Stored data entries

"""

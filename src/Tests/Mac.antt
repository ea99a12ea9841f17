-- ===== src/Tests/Mac.antt =====
-- The properties of the macOS part and of several processes, on concrete inputs.
use podman_bootc.Base.{◌+◌, ◌≡◌, ◌≢◌, refl, true, false, lit, [], ◌∷◌, some, arith, List, Text}
use podman_bootc.Base.Int.{pos}
use podman_bootc.Cmd.MacGuards.{IsGuarded, do_remove-IsGuarded_on_mac, do_stop-IsGuarded_on_mac}
use podman_bootc.Cmd.Rm.{do_remove}
use podman_bootc.Cmd.Stop.{do_stop}
use podman_bootc.World.Judged.{ExtendsBy}
use podman_bootc.Cmd.Promises.{execute-keeps_locks_on_mac}
use podman_bootc.Cmd.Root.{vmmon, execute_on_mac}
use podman_bootc.Cmd.Vmmon.{do_mon}
use podman_bootc.Cmd.Vmmon.Calm.{do_mon-ne-panic}
use podman_bootc.Go.Errors.{ok, panic}
use podman_bootc.Tests.Sim.{calm, id_a, user_a}
use podman_bootc.Go.Decimal.{parse_int}
use podman_bootc.Utils.Files.{
  parse_pid, read_pid_file, file_exists, wait_rounds, wait_for_file_with_backoffs,
}
use podman_bootc.Utils.Locks.{exclusive}
use podman_bootc.Utils.Process.{send_interrupt}
use podman_bootc.Vm.{NewVmParameters}
use podman_bootc.Vm.Gvproxy.{GvproxyDaemon, new_gvproxy, cleanup_daemon, start_daemon}
use podman_bootc.Vm.Krunkit.{KrunkitCmdLine, as_slice, new_krunkit_cmd_line}
use podman_bootc.Vm.Krunkit.CommandLine.{parse_options, parse_options-as_slice}
use podman_bootc.Vm.Mac.{new_vm}
use podman_bootc.Vm.Mac.Locking.{lock_path, new_vm-locks}
use podman_bootc.Vm.Platform.{mac_vm}
use podman_bootc.Vm.Monitor.{
  MonitorParameters, get_binary_path, start_network_daemon, start_monitor,
}
use podman_bootc.Vm.Monitor.Processes.{start_monitor-ends}
use podman_bootc.World.Brackets.{gained}
use podman_bootc.World.Commands.{start_cmd}
use podman_bootc.World.Exec.{
  pure, fail, context, attempt, branch, ignore, if_nil, act, read, measure, ◌>>=◌,
}
use podman_bootc.World.Locks.{held}
use podman_bootc.World.Processes.{running}

abbrev monitor_a : MonitorParameters
monitor_a = record {
  cache_dir = lit "/cache/a";
  run_dir = lit "/run/a";
  username = lit "root";
  ssh_identity = lit "/key";
  ssh_port = pos 2222;
}

daemon_a : GvproxyDaemon
unfolding new_gvproxy
daemon_a =
    let d = new_gvproxy calm (lit "text") (lit "/run/a") (pos 2222) in
    record d { cmd = record d.cmd { process = some 100 } }

daemon_a-starts : (start_network_daemon calm (lit "/run/a") (pos 2222) []).0 ≡ ok daemon_a
unfolding daemon_a start_network_daemon get_binary_path start_daemon cleanup_daemon start_cmd
    read_pid_file file_exists wait_rounds wait_for_file_with_backoffs send_interrupt new_gvproxy
    pure fail context attempt branch ignore if_nil act read measure ◌>>=◌ parse_pid parse_int lit
daemon_a-starts = refl

start_monitor-ends_example : running 100 (start_monitor calm monitor_a []).1 ≡ running 100 []
start_monitor-ends_example = start_monitor-ends calm monitor_a 100 [] daemon_a daemon_a-starts

do_mon-ne-panic_example :
    (do_mon calm (id_a ∷ lit "root" ∷ lit "/key" ∷ lit "2222" ∷ []) []).0 ≢ panic
do_mon-ne-panic_example =
    do_mon-ne-panic calm id_a (lit "root") (lit "/key") (lit "2222") [] (omega arith)

abbrev two_devices : KrunkitCmdLine
two_devices = record {
  cpus = pos 4;
  memory = pos 2048;
  devices = lit "virtio-rng" ∷ lit "virtio-blk,path=/d" ∷ [];
  oem_strings = lit "oem" ∷ [];
}

parse_options-as_slice_example :
    parse_options (as_slice two_devices) (some (new_krunkit_cmd_line (pos 0) (pos 0)))
    ≡ some two_devices
parse_options-as_slice_example = parse_options-as_slice two_devices (omega arith) (omega arith)

abbrev vm_parameters_a : NewVmParameters
vm_parameters_a = record { image_id = id_a; user = user_a; libvirt_uri = []; locking = exclusive }

new_vm-locks_example :
    held (lit "/l") (new_vm calm vm_parameters_a []).1
    ≡ held (lit "/l") [] + gained lock_path (lit "/l") (new_vm calm vm_parameters_a []).0
new_vm-locks_example = new_vm-locks calm vm_parameters_a (lit "/l") []

abbrev monitor_arguments : List Text
monitor_arguments = id_a ∷ lit "root" ∷ lit "/key" ∷ lit "2222" ∷ []

execute-keeps_locks_on_mac_example :
    held (lit "/lock") (execute_on_mac calm [] (vmmon monitor_arguments) []).1
    ≡ held (lit "/lock") []
execute-keeps_locks_on_mac_example =
    execute-keeps_locks_on_mac calm [] (vmmon monitor_arguments) (lit "/lock") []

do_remove-IsGuarded_on_mac_example :
    ExtendsBy (IsGuarded calm) [] (do_remove calm (mac_vm calm) false true (id_a ∷ []) []).1
do_remove-IsGuarded_on_mac_example = do_remove-IsGuarded_on_mac calm false true (id_a ∷ []) []

do_stop-IsGuarded_on_mac_example :
    ExtendsBy (IsGuarded calm) [] (do_stop calm (mac_vm calm) (id_a ∷ []) []).1
do_stop-IsGuarded_on_mac_example = do_stop-IsGuarded_on_mac calm (id_a ∷ []) []
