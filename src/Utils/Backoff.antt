-- ===== src/Utils/Backoff.antt =====
-- pkg/utils/file.go: the loop of `WaitForFileWithBackoffs`, by rounds, and the time that it sleeps.
use podman_bootc.Base.{
  ℕ, zero, suc, ◌+◌, ◌*◌, ◌^◌, ◌≤◌, ◌≡◌, refl, ◌∷◌, Text, lit, ◌++◌, if◌then◌else◌, arith,
}
use podman_bootc.Go.Errors.{Result, ok, err, new_error}
use podman_bootc.Utils.Files.{exists_of, file_exists, wait_rounds, wait_for_file_with_backoffs}
use podman_bootc.World.Calls.{System, Answer, done, failed, stat_size, measured, Trace}
use podman_bootc.World.Exec.{
  pure, fail, attempt, measure, pause, given, caught, continue, ◌>>=◌, ◌>>◌,
}
use podman_bootc.World.Sleeps.{slept, rested, pause_step}

double : (b n : ℕ) → b * 2 ^ suc n ≡ b * 2 * 2 ^ n
double b n = grind arith

grows : (b n : ℕ) → b ≤ b * 2 ^ n
grows b zero = omega arith
grows b (suc n) = omega (arith, grows (b * 2) n, double b n)

module _ (sys : System) (path : Text) where
  -- The history after one look.
  abbrev looked : Trace → Trace
  looked t = measured (stat_size path) (sys.measure t (stat_size path)) ∷ t

  abbrev look_result : ℕ → ℕ → Trace → Answer ℕ → Result (Unit {0}) × Trace
  look_result n backoff t (done s) = (ok tt, t)
  look_result n backoff t (failed e) = wait_rounds sys n (backoff * 2) path (rested sys backoff t)

  file_exists_lem :
      (t : Trace)
      → file_exists sys path t ≡ (ok (exists_of (given (sys.measure t (stat_size path)))), looked t)
  unfolding file_exists attempt measure pure ◌>>=◌
  file_exists_lem t = by_answer (sys.measure t (stat_size path)) (looked t)
    where
      by_answer :
          (r : Answer ℕ) (u : Trace)
          → continue (λ x. pure (exists_of x)) (caught (given r)) u ≡ (ok (exists_of (given r)), u)
      by_answer (done s) u = refl
      by_answer (failed e) u = refl

  -- One round of the loop.
  look_step :
      (n backoff : ℕ) (t : Trace)
      → wait_rounds sys (suc n) backoff path t
        ≡ look_result n backoff (looked t) (sys.measure t (stat_size path))
  unfolding wait_rounds pure ◌>>=◌
  look_step n backoff t =
      rw (file_exists_lem t) (by_answer (sys.measure t (stat_size path)) (looked t))
    where
      by_answer :
          (r : Answer ℕ) (u : Trace)
          → (if (exists_of (given r)).0
                then pure tt
                else (do pause sys backoff; wait_rounds sys n (backoff * 2) path))
              u
            ≡ look_result n backoff u r
      by_answer (done s) u = refl
      by_answer (failed e) u = pause_step sys backoff _ u

  no_rounds :
      (backoff : ℕ) (t : Trace)
      → wait_rounds sys 0 backoff path t
        ≡ (err (new_error (lit "unable to find file at " ++ path)), t)
  unfolding wait_rounds fail
  no_rounds backoff t = refl

  result-bounded :
      (n backoff : ℕ) (t : Trace) (a r : Answer ℕ)
      → let u = measured (stat_size path) a ∷ t in
        (slept (wait_rounds sys n (backoff * 2) path (rested sys backoff u)).1 + backoff * 2
          ≤ slept (rested sys backoff u) + backoff * 2 * 2 ^ n)
        → slept (look_result n backoff u r).1 + backoff ≤ slept t + backoff * 2 ^ suc n
  result-bounded n backoff t a (done s) h = omega (arith, grows backoff (suc n))
  result-bounded n backoff t a (failed e) h = omega (arith, h, double backoff n)

  wait_rounds-bounded :
      (n backoff : ℕ) (t : Trace)
      → slept (wait_rounds sys n backoff path t).1 + backoff ≤ slept t + backoff * 2 ^ n
  wait_rounds-bounded zero backoff t = rw (no_rounds backoff t) (omega arith)
  wait_rounds-bounded (suc n) backoff t = rw (look_step n backoff t) (
      result-bounded n backoff t _ (sys.measure t (stat_size path))
        (wait_rounds-bounded n (backoff * 2) _))

  live_result :
      (n backoff : ℕ) (t : Trace) (r : Answer ℕ)
      → (wait_rounds sys n (backoff * 2) path (rested sys backoff t)).0 ≡ ok tt
      → (look_result n backoff t r).0 ≡ ok tt
  live_result n backoff t (done s) h = refl
  live_result n backoff t (failed e) h = h

  -- Once this time was slept, the file is there.
  abbrev pub AppearsAfter : ℕ → Type 0
  AppearsAfter ms = (u : Trace) → ms ≤ slept u → (s : ℕ) × (sys.measure u (stat_size path) ≡ done s)

  wait_rounds-live :
      (n backoff : ℕ) (t : Trace) (ms : ℕ)
      → ms + backoff ≤ slept t + backoff * 2 ^ n
      → AppearsAfter ms
      → (wait_rounds sys (suc n) backoff path t).0 ≡ ok tt
  wait_rounds-live zero backoff t ms h appears =
      let (s, e) = appears t (omega arith) in rw (look_step 0 backoff t, e) refl
  wait_rounds-live (suc n) backoff t ms h appears = rw (look_step (suc n) backoff t) (
      live_result (suc n) backoff (looked t) (sys.measure t (stat_size path))
        (wait_rounds-live n (backoff * 2) _ ms (omega (arith, double backoff n)) appears))

-- For every system, number of rounds, first backoff, path and history: waiting for a file sleeps at
-- most `backoff * (2 ^ rounds - 1)` ms.
pub wait_for_file_with_backoffs-bounded :
    (sys : System) (rounds backoff : ℕ) (path : Text) (t : Trace)
    → slept (wait_for_file_with_backoffs sys rounds backoff path t).1 + backoff
      ≤ slept t + backoff * 2 ^ rounds
unfolding wait_for_file_with_backoffs
wait_for_file_with_backoffs-bounded sys rounds backoff path t =
    wait_rounds-bounded sys path rounds backoff t

-- For every system, number of rounds, first backoff, path and history: if the file is there whenever
-- the process has slept for `ms` since its start, and this is at most what all rounds but the last
-- sleep, `backoff * (2 ^ rounds - 1)`, beyond what it has slept before, waiting for it succeeds.
pub wait_for_file_with_backoffs-live :
    (sys : System) (rounds backoff : ℕ) (path : Text) (t : Trace) (ms : ℕ)
    → ms + backoff ≤ slept t + backoff * 2 ^ rounds
    → AppearsAfter sys path ms
    → (wait_for_file_with_backoffs sys (suc rounds) backoff path t).0 ≡ ok tt
unfolding wait_for_file_with_backoffs
wait_for_file_with_backoffs-live sys rounds backoff path t ms h appears =
    wait_rounds-live sys path rounds backoff t ms h appears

"""

What is being asked: Go through the records above and return each line in which the word "history" occurs.

Response to this exercise:
  -- The history after one look.
-- For every system, number of rounds, first backoff, path and history: waiting for a file sleeps at
-- For every system, number of rounds, first backoff, path and history: if the file is there whenever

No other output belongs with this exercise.